How to complete this task:
Lines with "where": copy each one from the listing below.

Exercise input:
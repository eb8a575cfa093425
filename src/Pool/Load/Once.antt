-- ===== src/Pool/Load/Once.antt =====
-- src/pool/pool.go, `Load`: it queues no account twice.
use native.Mathlib.Decide.{dec_lt}
use business2api.Base.{
  ℕ, ◌≤◌, ◌<◌, ◌≡◌, refl, true, List, [], ◌∷◌, ◌++◌, Option, arith, inl, inr, Bool-cases,
  Option-cases, elem, count-append, null,
}
use business2api.Text.{Text}
use business2api.Pool.Account.{AccountData, Settings}
use business2api.Pool.State.{AccountPool}
use business2api.Pool.Jwt.{Codecs}
use business2api.Pool.Worker.{Disk}
use business2api.Pool.Queues.Moves.{queued, elem-pos}
use business2api.Pool.Load.{
  load, load_files, load_file, read_file, account_of_data, csesidx_of, should_skip_account_file,
  known_in, forget,
}
use business2api.Pool.Load.Known.{known_of-path}
use business2api.Pool.Load.Halfway.{Halfway, forget-Halfway, keep_known-Halfway, add_new-Halfway}

module _ (lib : Codecs) (s : Settings) where
  read_file-Halfway :
      (path : Text) (d : AccountData) (known : Text → Option ℕ) (pool : AccountPool)
      → Halfway known pool
      → Halfway known (read_file lib s path d pool)
  unfolding read_file
  read_file-Halfway path d known pool v = elim (Bool-cases (null (csesidx_of lib s d))) [
    | inl nameless ↦ rw nameless v
    | inr named ↦ rw named (add_new-Halfway lib s (account_of_data lib s path d) known pool v)
  ]

  load_file-Halfway :
      (disk : Disk) (path : Text) (known : Text → Option ℕ) (pool : AccountPool)
      → Halfway known pool
      → Halfway (forget path known) (load_file lib s disk path known pool)
  unfolding load_file
  load_file-Halfway disk path known pool v = elim (Bool-cases (should_skip_account_file path)) [
    | inl skips ↦ rw skips (forget-Halfway path known pool v)
    | inr reads ↦ elim (Option-cases (known path)) [
      | inr (p, found) ↦ rw (reads, found) (keep_known-Halfway lib s path p known pool found v)
      | inl unknown ↦ elim (Option-cases (disk path)) [
        | inl missing ↦ rw (reads, unknown, missing) (forget-Halfway path known pool v)
        | inr (d, content) ↦
            rw (reads, unknown, content)
              (forget-Halfway path known _ (read_file-Halfway path d known pool v))
      ]
    ]
  ]

  load_files-Halfway :
      (disk : Disk) (paths : List Text) (known : Text → Option ℕ) (pool : AccountPool)
      → Halfway known pool
      → (q : ℕ) → queued q (load_files lib s disk paths known pool) ≤ 1
  unfolding load_files
  load_files-Halfway disk [] known pool v = v.once
  load_files-Halfway disk (path ∷ paths) known pool v =
      load_files-Halfway disk paths (forget path known) (load_file lib s disk path known pool)
        (load_file-Halfway disk path known pool v)

  -- However often accounts were queued before, `Load` queues no account twice, where the pointers
  -- in use are below the next one.
  pub load-queued :
      (disk : Disk) (files : List Text) (pool : AccountPool)
      → ((p : ℕ) → pool.next_pointer ≤ p → queued p pool ≡ 0)
      → (q : ℕ) → queued q (load lib s disk files pool) ≤ 1
  unfolding load
  load-queued disk files pool used =
      load_files-Halfway disk files (known_in lib s pool)
        (record pool { ready_accounts = []; pending_accounts = [] })
        (record {
          fresh = λ p h. refl;
          path = λ path p e.
              (known_of-path pool.heap (pool.ready_accounts ++ pool.pending_accounts) path p e).0;
          old = λ path p e.
              old path p
                (known_of-path pool.heap (pool.ready_accounts ++ pool.pending_accounts) path p e).1;
          absent = λ path p e. refl;
          once = λ p. omega arith;
        })
    where
      old :
          (path : Text) (p : ℕ)
          → elem p (pool.ready_accounts ++ pool.pending_accounts) ≡ true
          → p < pool.next_pointer
      old path p m = elim (dec_lt p pool.next_pointer) [
        | yes below ↦ below
        | no above ↦ absurd (
            omega (
              arith,
              used p (omega arith),
              elem-pos p (pool.ready_accounts ++ pool.pending_accounts) m,
              count-append p pool.ready_accounts pool.pending_accounts,
            ))
      ]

Exercise output:
module _ (lib : Codecs) (s : Settings) where
  -- However often accounts were queued before, `Load` queues no account twice, where the pointers
    where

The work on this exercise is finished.